PRP was found to provide metre-level accuracy with just six devices in known locations and 12 training locations. Combining PRP with RSSI was found to be beneficial at short distances up to 2m. Beyond distances of 2m, fusing the two is less effective than using PRP alone because RSSI becomes de-correlated with distance.

VR, Digital Twins and Bluetooth Beacons

There’s new research from School of Electronic Engineering, Dublin City University, Dublin into using Bluetooth beacons to enhance Digital Twin VR Experiences. The paper BeTwin: Enhancing VR Experiences with BLE Beacon-based Digital Twins integrates Bluetooth Low Energy (BLE) beacons with a digital twin environment to enhance and customize a virtual 3D platform.

The beacons are used to bring information from real objects into the virtual platform. The article investigates the impact of beacon distance, energy levels and the number of beacons on the system performance. The proposed mechanism employs beacons to easily add and remove objects in a real-virtual world twinned context.

The findings indicated that the most time-consuming aspect of the system was the generation of objects, which was largely dependent on the duration it takes for the VR application to receive and process messages from the Raspberry Pi. The experiments showed that the application can efficiently handle beacon messages and create corresponding virtual content provided that the beacons are positioned in close proximity to the beacon reader.

Programming Bluetooth with Python on Linux

Python is an increasingly popular programming language due to its simplicity and readability. The gatt-python library for Python that facilitates the implementation and communication with Bluetooth Low Energy devices using the Generic Attribute Profile (GATT). GATT is the specification for the transmission and reception of short data over a Bluetooth Low Energy link.

The SDK supports a range of functionalities, including device discovery, connection and disconnection, custom GATT profile implementation and access to all Bluetooth GATT services and characteristics. It also allows for reading and writing characteristic values and subscribing to notifications for changes in these values. The library is only compatible with Linux because it uses the D-Bus API of BlueZ for Bluetooth device interaction.

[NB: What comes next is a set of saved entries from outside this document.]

-- ===== src/Queue/Threads.antt =====
-- The threads that call a message queue, one step at a time. A call that has the lock tests its
-- condition, and then waits, or returns and owes a notification, which it sends after it has left
-- the lock, so that other threads can come between.
use red_giant.Prelude.{ℕ, suc, ◌+◌, ◌≡◌, true, false, none, some, List, [], ◌∷◌, ◌++◌}
use red_giant.Queue.{MessageQueue, waits, returns, empty_queue, pop, push, flush}

pub record System (T : Type 0) : Type 0 where
  pub q : MessageQueue T
  -- Threads in `pop` that are to test the condition, and those that wait on `cond_empty_`.
  pub pops : ℕ
  pub waiting_pops : ℕ
  -- Threads in `push` with their items, and those that wait on `cond_full_`.
  pub pushes : List T
  pub waiting_pushes : List T
  -- The calls of `notify_one` on either condition, and of `notify_all` on both, that are due.
  pub due_empty : ℕ
  pub due_full : ℕ
  pub due_all : ℕ
  -- What was pushed, and what was popped, in this order.
  pub pushed : List T
  pub popped : List T

abbrev pub idle : {T : Type 0} → ℕ → System T
idle max_size = record {
  q = empty_queue max_size;
  pops = 0;
  waiting_pops = 0;
  pushes = [];
  waiting_pushes = [];
  due_empty = 0;
  due_full = 0;
  due_all = 0;
  pushed = [];
  popped = [];
}

pub data Step {T : Type 0} (s : System T) : System T → Type 0 where
  call_pop : Step s (record s { pops = suc s.pops })
  call_push : (item : T) → Step s (record s { pushes = item ∷ s.pushes })
  pop_waits :
      (n : ℕ)
      → s.pops ≡ suc n
      → pop s.q ≡ waits
      → Step s (record s { pops = n; waiting_pops = suc s.waiting_pops })
  pop_fails :
      (n : ℕ) (q' : MessageQueue T)
      → s.pops ≡ suc n
      → pop s.q ≡ returns (none, q')
      → Step s (record s { q = q'; pops = n })
  pop_returns :
      (n : ℕ) (item : T) (q' : MessageQueue T)
      → s.pops ≡ suc n
      → pop s.q ≡ returns (some item, q')
      → Step s
          (record s { q = q'; pops = n; due_full = suc s.due_full; popped = s.popped ++ item ∷ [] })
  push_waits :
      (a b : List T) (item : T)
      → s.pushes ≡ a ++ (item ∷ b)
      → push item s.q ≡ waits
      → Step s (record s { pushes = a ++ b; waiting_pushes = item ∷ s.waiting_pushes })
  push_fails :
      (a b : List T) (item : T) (q' : MessageQueue T)
      → s.pushes ≡ a ++ (item ∷ b)
      → push item s.q ≡ returns (false, q')
      → Step s (record s { q = q'; pushes = a ++ b })
  push_returns :
      (a b : List T) (item : T) (q' : MessageQueue T)
      → s.pushes ≡ a ++ (item ∷ b)
      → push item s.q ≡ returns (true, q')
      → Step s (record s {
        q = q';
        pushes = a ++ b;
        due_empty = suc s.due_empty;
        pushed = s.pushed ++ item ∷ [];
      })
  -- `flush`: only the call that finds the queue alive notifies.
  flush_alive : s.q.alive ≡ true → Step s (record s { q = flush s.q; due_all = suc s.due_all })
  flush_again : s.q.alive ≡ false → Step s (record s { q = flush s.q })
  -- A notification that is due wakes one waiting thread, or none where none waits.
  notify_empty :
      (n m : ℕ)
      → s.due_empty ≡ suc n
      → s.waiting_pops ≡ suc m
      → Step s (record s { due_empty = n; waiting_pops = m; pops = suc s.pops })
  notify_no_pop :
      (n : ℕ) → s.due_empty ≡ suc n → s.waiting_pops ≡ 0 → Step s (record s { due_empty = n })
  notify_full :
      (n : ℕ) (a b : List T) (item : T)
      → s.due_full ≡ suc n
      → s.waiting_pushes ≡ a ++ (item ∷ b)
      → Step s (record s { due_full = n; waiting_pushes = a ++ b; pushes = item ∷ s.pushes })
  notify_no_push :
      (n : ℕ) → s.due_full ≡ suc n → s.waiting_pushes ≡ [] → Step s (record s { due_full = n })
  notify_all :
      (n : ℕ)
      → s.due_all ≡ suc n
      → Step s (record s {
        due_all = n;
        waiting_pops = 0;
        pops = s.pops + s.waiting_pops;
        waiting_pushes = [];
        pushes = s.pushes ++ s.waiting_pushes;
      })
  -- A condition variable may also wake a thread unasked.
  wake_pop :
      (m : ℕ) → s.waiting_pops ≡ suc m → Step s (record s { waiting_pops = m; pops = suc s.pops })
  wake_push :
      (a b : List T) (item : T)
      → s.waiting_pushes ≡ a ++ (item ∷ b)
      → Step s (record s { waiting_pushes = a ++ b; pushes = item ∷ s.pushes })

pub data Reachable {T : Type 0} (max_size : ℕ) : System T → Type 0 where
  start : Reachable max_size (idle max_size)
  step : (s s' : System T) → Reachable max_size s → Step s s' → Reachable max_size s'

Predicting Use of Bluetooth Frequency Bands

There’s new research on predicting the channel access of Bluetooth Low Energy (BLE) devices conducted by a team from Silicon Austria Labs GmbH and Johannes Kepler University in Austria. The team aimed to estimate the channels used by multiple BLE connections by passively listening to the channel, with the goal of predicting future channel access to avoid collisions in other wireless networks.

The hardware setup for this research consisted of six Nordic NRF52840 BLE devices that formed three BLE connection pairs, and one sniffer based on the Ubertooth One. This setup allowed the researchers to actively monitor and analyse the BLE channel.

Channel hopping over time

The researchers demonstrated that by passively listening they could reconstruct channel access algorithms for multiple BLE connections in parallel. This approach can be used in new applications to avoid collisions in wireless networks, particularly in applications with high reliability requirements.